W przedszkolu nie, ale z kolei w szkole jest/było identycznie. Żeby było
śmieszniej, to numery dowodów osób upoważnionych należy podawać co roku
(choć są te same), a i tak nikt nigdy tego nie sprawdza. Na moje pytanie po
jakiego kija wobec tego podaje się te dane i dlaczego nikt w świetlicy nie
żąda okazania dowodu, dyrektorka oznajmiła, że personel szkolny nie ma
uprawnień, by ... żądać okazywania dowodu od osób odbierających dzieci. To
po co te numery? "No bo tak trzeba" - zabrzmiała kolejna odpowiedź, a mi po
prostu odjęło mowę.
Pozdrawiam
Nixe
› Pokaż wiadomość z nagłówkami
Zobacz także
22. Data: 2009-09-09 07:29:36
Temat: Re: [przedszkole] epizod drugi"lemonka" <...@a...com> napisał w wiadomości
news:h85vv5$l6e$1@atlantis.news.neostrada.pl...

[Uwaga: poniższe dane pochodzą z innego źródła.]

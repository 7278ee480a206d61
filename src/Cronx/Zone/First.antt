-- ===== src/Cronx/Zone/First.antt =====
-- cronNext returns the first occurrence behind the cursor.
use mathlib.Core.List.{Memᴰ}
use paceq.Base.{
  ℕ, suc, ◌+◌, ◌*◌, ◌^◌, ◌≤◌, ◌<◌, ◌≡◌, refl, sym, Bool, true, false, not, ◌||◌, ◌⊎◌, inl, inr,
  List, [], ◌∷◌, ◌++◌, ◌&&◌, none, some, arith, ap, ◌∙◌,
}
use paceq.Base.Tests.{if◌then◌else◌, ltb, ◌==◌, Bool-cases, Option-cases}
use paceq.Base.Lists.{get_elem?, all}
use paceq.Base.Int.{ℤ, pos, ltb_ℤ, ◌+ℤ◌, ◌-ℤ◌}
use paceq.Cronx.Wall.{
  WallPoint, Compiled, Walk, found, exhausted, panicked, wall_ordinal, matches, next_after,
}
use paceq.Cronx.Wall.Ordinal.{wall_ordinal_injective}
use paceq.Cronx.Wall.Carry.{IsWall}
use paceq.Cronx.Wall.Ahead.{InRange, IsNext}
use paceq.Cronx.Wall.Search.{Answers, year_le}
use paceq.Cronx.Wall.Next.{next_after-Answers}
use paceq.Cronx.Zone.{
  Zone, reads, Policy, Emission, OccKey, Answer, occurs, no_occurrence, panics, less, key_of,
  first_behind, classify_emissions, gap_emissions, twin_emissions, fall_back_emissions, skip, shift,
  first, both, build_occurrence, by_deadline, answer_at, go_on, cron_search, cron_next, max_horizon,
}

some_if :
    (b : Bool) {x y : List Emission}
    → ((e : Emission) × (es : List Emission) × (x ≡ e ∷ es))
    → ((e : Emission) × (es : List Emission) × (y ≡ e ∷ es))
    → (e : Emission) × (es : List Emission) × ((if b then x else y) ≡ e ∷ es)
some_if true h h' = h
some_if false h h' = h'
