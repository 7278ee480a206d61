-- ===== src/Cronx/Examples.antt =====
-- "30 9 * * *" in UTC, in the January that the epoch begins.
use paceq.Base.{◌+◌, ◌-◌, ◌*◌, ◌/◌, ◌%◌, ◌^◌, ◌≡◌, ◌≢◌, true, [], ◌∷◌, arith}
use paceq.Base.Int.{ℤ, pos, negsuc, ◌+ℤ◌}
use paceq.Cronx.Wall.{
  WallPoint, Compiled, next_after, wall_ordinal, wall_point_of, contains_int, search_ints,
}
use paceq.Cronx.Wall.Carry.{IsWall}
use paceq.Cronx.Wall.Ahead.{InRange}
use paceq.Cronx.Wall.Search.{Answers}
use paceq.Cronx.Wall.Next.{next_after-Answers}
use paceq.Cronx.Wall.Ordinal.{wall_point_of-wall_ordinal}
use paceq.Cronx.Zone.{Zone, Policy, skip, first, cron_next}
use paceq.Cronx.Zone.First.{Answered, cron_next-Answered}
use paceq.Cronx.Between.{endless, between}
use paceq.Cronx.Between.Scan.{MonthsInRange}
use paceq.Cronx.Between.Whole.{between_ends}

abbrev utc : Zone
utc = record {
  wall_of = λ t. elim t [
    | pos n ↦ record {
      y = 1970;
      mo = 1;
      d = 1 + n / (86400 * 10 ^ 9);
      h = n / (3600 * 10 ^ 9) % 24;
      mi = n / (60 * 10 ^ 9) % 60;
    }
    | negsuc n ↦ record { y = 1969; mo = 12; d = 31; h = 23; mi = 59 }
  ];
  second_of = λ t. elim t [ pos n ↦ n / 10 ^ 9 % 60 | negsuc n ↦ 59 ];
  offset = λ t. pos 0;
  date = λ w. pos ((((w.d - 1) * 24 + w.h) * 60 + w.mi) * (60 * 10 ^ 9));
  utc = λ w. pos ((((w.d - 1) * 24 + w.h) * 60 + w.mi) * (60 * 10 ^ 9));
  format = λ t. [];
}

abbrev half_past_nine : Compiled
half_past_nine = record {
  minutes = 30 ∷ [];
  hours = 9 ∷ [];
  doms = [];
  months = 1 ∷ 2 ∷ 3 ∷ 4 ∷ 5 ∷ 6 ∷ 7 ∷ 8 ∷ 9 ∷ 10 ∷ 11 ∷ 12 ∷ [];
  dows = [];
  dom_wild = true;
  dow_wild = true;
}

abbrev default : Policy
default = record { spring_forward = skip; fall_back = first }

-- Ten o'clock on the second of the month, and the end of the next day.
abbrev ten : ℤ
ten = pos ((86400 + 36000) * 10 ^ 9)

abbrev evening : ℤ
evening = pos (3 * 86400 * 10 ^ 9)

abbrev ten_wall : WallPoint
ten_wall = record { y = 1970; mo = 1; d = 2; h = 10; mi = 0 }

half_past_nine-InRange : InRange half_past_nine
unfolding contains_int search_ints
half_past_nine-InRange = record { hours = λ u h. ground arith; minutes = λ u h. ground arith }

half_past_nine-MonthsInRange : MonthsInRange half_past_nine
unfolding contains_int search_ints
half_past_nine-MonthsInRange = record { low = λ u h. ground arith; high = λ u h. ground arith }

ten_wall-IsWall : IsWall ten_wall
unfolding paceq.Cronx.Wall.last_day
ten_wall-IsWall = record {
  date = record {
    from_january = omega arith;
    to_december = omega arith;
    from_first = omega arith;
    to_last = omega arith;
  };
  hour = omega arith;
  minute = omega arith;
}

next_after-Answers_example : Answers half_past_nine ten_wall (next_after half_past_nine ten_wall)
next_after-Answers_example =
    next_after-Answers half_past_nine ten_wall half_past_nine-InRange ten_wall-IsWall

wall_point_of-wall_ordinal_example : wall_point_of (wall_ordinal ten_wall) ≡ ten_wall
wall_point_of-wall_ordinal_example = wall_point_of-wall_ordinal ten_wall ten_wall-IsWall

cron_next-Answered_example :
    Answered utc half_past_nine default
      (record { place = wall_ordinal ten_wall; at = ten })
      ten_wall
      (ten +ℤ pos (4 * 366 * 24 * 3600 * 10 ^ 9))
      (cron_next utc half_past_nine default ten)
cron_next-Answered_example =
    cron_next-Answered utc half_past_nine default ten half_past_nine-InRange ten_wall-IsWall

between_ends_example : (between utc half_past_nine default ten evening).1 ≢ endless
between_ends_example =
    between_ends utc half_past_nine default ten evening half_past_nine-InRange
      half_past_nine-MonthsInRange ten_wall-IsWall
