-- ===== src/Model.antt =====
-- internal/model: the pure state machines of a run and of a step. The children follow the package's
-- files: RunState, StepState and State (state.go), Event (events.go), Effect (effects.go), Refusal
-- (errors.go), Parse (state.go), Guards (guards.go), RunMachine (run_fsm.go), StepMachine (step_fsm.go), Apply
-- (apply.go), Aggregate (aggregate.go) and Breaker (sensorbreaker.go).
pub mod RunState
pub mod StepState
pub mod State
pub mod Event
pub mod Effect
pub mod Refusal
pub mod Parse
pub mod Guards
pub mod RunMachine
pub mod StepMachine
pub mod Apply
pub mod Aggregate
pub mod Breaker
mod Examples
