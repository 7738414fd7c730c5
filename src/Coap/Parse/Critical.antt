-- ===== src/Coap/Parse/Critical.antt =====
-- Critical options: a message is taken only if the loop knows every option with an odd number.
use knx_iot_stack.Prelude.{
  ℕ, ◌+◌, ◌-◌, ◌%◌, ◌^◌, ◌≤◌, ◌<◌, ◌≡◌, sym, ap, ◌∙◌, arith, append_assoc, Bool, true, false, ◌||◌,
  List, [], ◌∷◌, ◌++◌, ◌==◌, length, inl, inr, Bool-cases,
}
use knx_iot_stack.Coap.Options.{set_option_header}
use knx_iot_stack.Coap.Packet.{Packet, bad_option, no_options}
use knx_iot_stack.Coap.Parse.{
  Outcome, parsed, failed, overrun, overflow, out_of_fuel, go_on, take_option, note_option,
  parse_options,
}
use knx_iot_stack.Coap.Parse.Loop.{parse_from, parse_from-option}

-- The numbers that the `switch` names.
unfoldable pub is_known : ℕ → Bool
is_known n =
    n == 9
    || n == 12
    || n == 14
    || n == 4
    || n == 17
    || n == 35
    || n == 3
    || n == 7
    || n == 11
    || n == 15
    || n == 6
    || n == 23
    || n == 27
    || n == 28
    || n == 60
    || n == 252
    || n == 2053
    || n == 2049

-- Options in the order of their numbers, as they are encoded after an option with the first number.
unfoldable pub encode : ℕ → List (ℕ × List ℕ) → List ℕ
encode current [] = []
encode current ((number, value) ∷ options) =
    set_option_header (number - current) (length value) ++ (value ++ encode number options)

abbrev pub Ascending : ℕ → List (ℕ × List ℕ) → Type 0
Ascending current [] = Unit
Ascending current ((number, value) ∷ options) =
    (current ≤ number) × (number < 2 ^ 16) × (length value < 2 ^ 16) × Ascending number options

abbrev pub AllTolerable : List (ℕ × List ℕ) → Type 0
AllTolerable [] = Unit
AllTolerable ((number, value) ∷ options) =
    ((is_known number || number % 2 == 0) ≡ true) × AllTolerable options

regroup : (a b c d : List ℕ) → a ++ (b ++ (c ++ d)) ≡ (a ++ (b ++ c)) ++ d
regroup a b c d = simp append_assoc

module _ (max_app_data_size : ℕ) (inner outer oscore : Bool) where
  take_option-critical :
      (number : ℕ) (value following : List ℕ) (pkt : Packet)
      → (is_known number || number % 2 == 0) ≡ false
      → take_option inner outer oscore number value following pkt ≡ failed bad_option pkt
  unfolding take_option is_known
  take_option-critical number value following pkt h = ground arith

  -- What is parsed begins with an option that can be tolerated.
  go_on-tolerable :
      (number : ℕ) (value following : List ℕ) (pkt : Packet) (k : Packet → Outcome) (q : Packet)
      → go_on (take_option inner outer oscore number value following pkt) k ≡ parsed q
      → ((is_known number || number % 2 == 0) ≡ true) × (p : Packet) × (k p ≡ parsed q)
  go_on-tolerable number value following pkt k q h =
      elim (Bool-cases (is_known number || number % 2 == 0)) [
        | inl good ↦
            let (p, e) = continued (take_option inner outer oscore number value following pkt) h in
            (good, p, e)
        | inr critical ↦ absurd (
            no_parse (
              sym (ap (λ o. go_on o k) (take_option-critical number value following pkt critical))
              ∙ h))
      ]
    where
      continued : (o : Outcome) → go_on o k ≡ parsed q → (p : Packet) × (k p ≡ parsed q)
      continued (parsed p) e = (p, e)
      continued (failed s p) e = cc
      continued overrun e = cc
      continued overflow e = cc
      continued out_of_fuel e = cc

      no_parse : failed bad_option pkt ≡ parsed q → ⊥
      no_parse e = cc

  parse_from-tolerable :
      (options : List (ℕ × List ℕ)) (rest : List ℕ) (current : ℕ) (pkt q : Packet)
      → Ascending current options
      → parse_from max_app_data_size inner outer oscore (encode current options ++ rest) current pkt
        ≡ parsed q
      → AllTolerable options
  unfolding encode
  parse_from-tolerable [] rest current pkt q a h = tt
  parse_from-tolerable ((number, value) ∷ options) rest current pkt q (le, small, len, more) h =
      let total : (current + (number - current)) % 2 ^ 32 ≡ number = omega arith in
      let after = encode number options ++ rest in
      let step =
        parse_from-option max_app_data_size inner outer oscore (number - current) value after
          current pkt (omega arith) (omega arith) in
      let round : ℕ → Outcome = λ (n : ℕ).
        go_on (take_option inner outer oscore n value after (note_option n pkt))
          (parse_from max_app_data_size inner outer oscore after n) in
      let (good, p, e) =
        go_on-tolerable number value after (note_option number pkt)
          (parse_from max_app_data_size inner outer oscore after number) q
          (sym (ap round total)
            ∙ sym step
            ∙ ap (λ l. parse_from max_app_data_size inner outer oscore l current pkt)
                (regroup (set_option_header (number - current) (length value)) value
                  (encode number options) rest)
            ∙ h) in
      (good, parse_from-tolerable options rest number p q more e)

  -- If the parser takes a message, then each option in front of what else the message holds is one that
  -- it knows or has an even number. The options stand in the order of their numbers, which are below
  -- 2^16, as the lengths of their values are.
  pub parse_options-tolerable :
      (options : List (ℕ × List ℕ)) (rest : List ℕ) (pkt q : Packet)
      → Ascending 0 options
      → parse_options max_app_data_size inner outer oscore (encode 0 options ++ rest) pkt ≡ parsed q
      → AllTolerable options
  unfolding parse_options
  parse_options-tolerable options rest pkt q a h =
      parse_from-tolerable options rest 0 (record pkt { options = no_options }) q a h
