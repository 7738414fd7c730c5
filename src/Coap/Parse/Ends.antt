-- ===== src/Coap/Parse/Ends.antt =====
-- The option loop ends: the fuel that the model gives it is never used up.
use knx_iot_stack.Prelude.{
  ℕ, zero, suc, ◌+◌, ◌%◌, ◌^◌, ◌≤◌, ◌<◌, ◌≢◌, subst, arith, Bool, List, [], ◌∷◌, ltb, length, take,
  drop, length-drop, inl, inr, Bool-cases,
}
use knx_iot_stack.Coap.Options.{Read, got, overread, parse_option_header, is_payload_marker}
use knx_iot_stack.Coap.Packet.{Packet, no_options}
use knx_iot_stack.Coap.Parse.{
  Outcome, parsed, failed, overrun, overflow, out_of_fuel, go_on, take_option, note_option,
  parse_value, parse_behind, parse_one, parse_loop, parse_options,
}
use knx_iot_stack.Coap.Parse.Loop.{AtMost, header-AtMost}

abbrev HasEnded : Outcome → Type 0
HasEnded (parsed pkt) = Unit
HasEnded (failed status pkt) = Unit
HasEnded overrun = Unit
HasEnded overflow = Unit
HasEnded out_of_fuel = ⊥

go_on-HasEnded :
    (o : Outcome) (k : Packet → Outcome)
    → HasEnded o
    → ((q : Packet) → HasEnded (k q))
    → HasEnded (go_on o k)
go_on-HasEnded (parsed pkt) k h f = f pkt
go_on-HasEnded (failed status pkt) k h f = tt
go_on-HasEnded overrun k h f = tt
go_on-HasEnded overflow k h f = tt
go_on-HasEnded out_of_fuel k h f = h

module _ (max_app_data_size : ℕ) (inner outer oscore : Bool) where
  take_option-HasEnded :
      (number : ℕ) (value following : List ℕ) (pkt : Packet)
      → HasEnded (take_option inner outer oscore number value following pkt)
  unfolding take_option
  take_option-HasEnded number value following pkt = ground arith

  parse_behind-HasEnded :
      (loop : List ℕ → ℕ → Packet → Outcome) (limit number : ℕ) (pkt : Packet) (r : Read (ℕ × ℕ))
      → AtMost limit r
      → ((rest : List ℕ) (n : ℕ) (q : Packet) → length rest ≤ limit → HasEnded (loop rest n q))
      → HasEnded (parse_behind max_app_data_size inner outer oscore loop number pkt r)
  unfolding parse_behind
  parse_behind-HasEnded loop limit number pkt overread l h = tt
  parse_behind-HasEnded loop limit number pkt (got (delta, len) rest) l h =
      elim (Bool-cases (ltb (length rest) len)) [
        | inl short ↦ rw (short, parse_value) tt
        | inr long ↦
            let number' = (number + delta) % 2 ^ 32 in
            rw (long, parse_value)
              (go_on-HasEnded
                (take_option inner outer oscore number' (take len rest) (drop len rest)
                  (note_option number' pkt))
                (loop (drop len rest) number')
                (take_option-HasEnded number' (take len rest) (drop len rest)
                  (note_option number' pkt))
                (λ q. h (drop len rest) number' q (omega (arith, l, length-drop len rest))))
      ]

  parse_loop-HasEnded :
      (fuel : ℕ) (bytes : List ℕ) (number : ℕ) (pkt : Packet)
      → length bytes < fuel
      → HasEnded (parse_loop max_app_data_size inner outer oscore fuel bytes number pkt)
  unfolding parse_loop parse_one
  parse_loop-HasEnded zero bytes number pkt l = elim l [ ]
  parse_loop-HasEnded (suc fuel) [] number pkt l = tt
  parse_loop-HasEnded (suc fuel) (b ∷ bytes) number pkt l =
      elim (Bool-cases (is_payload_marker b)) [
        | inl marker ↦ rw (marker, parse_one) tt
        | inr option ↦
            rw (option, parse_one)
              (parse_behind-HasEnded _ (length bytes) number pkt (parse_option_header (b ∷ bytes))
                (header-AtMost b bytes)
                (λ rest n q m. parse_loop-HasEnded fuel rest n q (omega (arith, l, m))))
      ]

  -- The loop over the options ends on all bytes, with a packet, a code, a read behind the message, or a
  -- write behind an array of the OSCORE option.
  pub parse_options-ends :
      (bytes : List ℕ) (pkt : Packet)
      → parse_options max_app_data_size inner outer oscore bytes pkt ≢ out_of_fuel
  unfolding parse_options
  parse_options-ends bytes pkt e = subst HasEnded e (
      parse_loop-HasEnded (suc (length bytes)) bytes 0 (record pkt { options = no_options })
        (omega arith))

> Dziecię właśnie przyszło do domu i opowiedziało, że dziś na podwórku
> bawili się w sklep. Sprzedawali sobie nawzajem trawę i pióra. Gołębie
> pióra, znalezione na podwórku. Tylko nie mówcie, że każdy z nas się
> bawił piórami gołębimi i że ptasia grypa i choroby odzwierzęce to mit,
> a martwego ptaka raz w życiu trzeba pochować. Ja z tych, co myją ręce
> przed jedzeniem i wogle...
Tu akurat moim zdaniem przesadzasz. Nie powiesz mi, że za swoim dzieckiem
zawsze chodzisz krok w krok i po każdym zanurzeniu łapek w piasku czy
dotknięciu czegoś poza domem wycierasz mu je chusteczką nasączoną
izopropanolem ;-)
Ze swojego dzieciństwa pamiętam, jak najadłyśmy się z koleżanką piasku z
piaskownicy, bo chciałyśmy zobaczyć, jak smakuje. Żyję :)
Pozdrawiam
Nixe
› Pokaż wiadomość z nagłówkami
23. Data: 2009-09-09 07:45:04
Temat: Re: [przedszkole] epizod drugiMarchewka pisze:
>
> Mozna zadzwonic domofonem. Ale wystarczy chwila i sie ktos z czipem
> pojawi. Czy inny rodzic, czy jakas wychowawczyni.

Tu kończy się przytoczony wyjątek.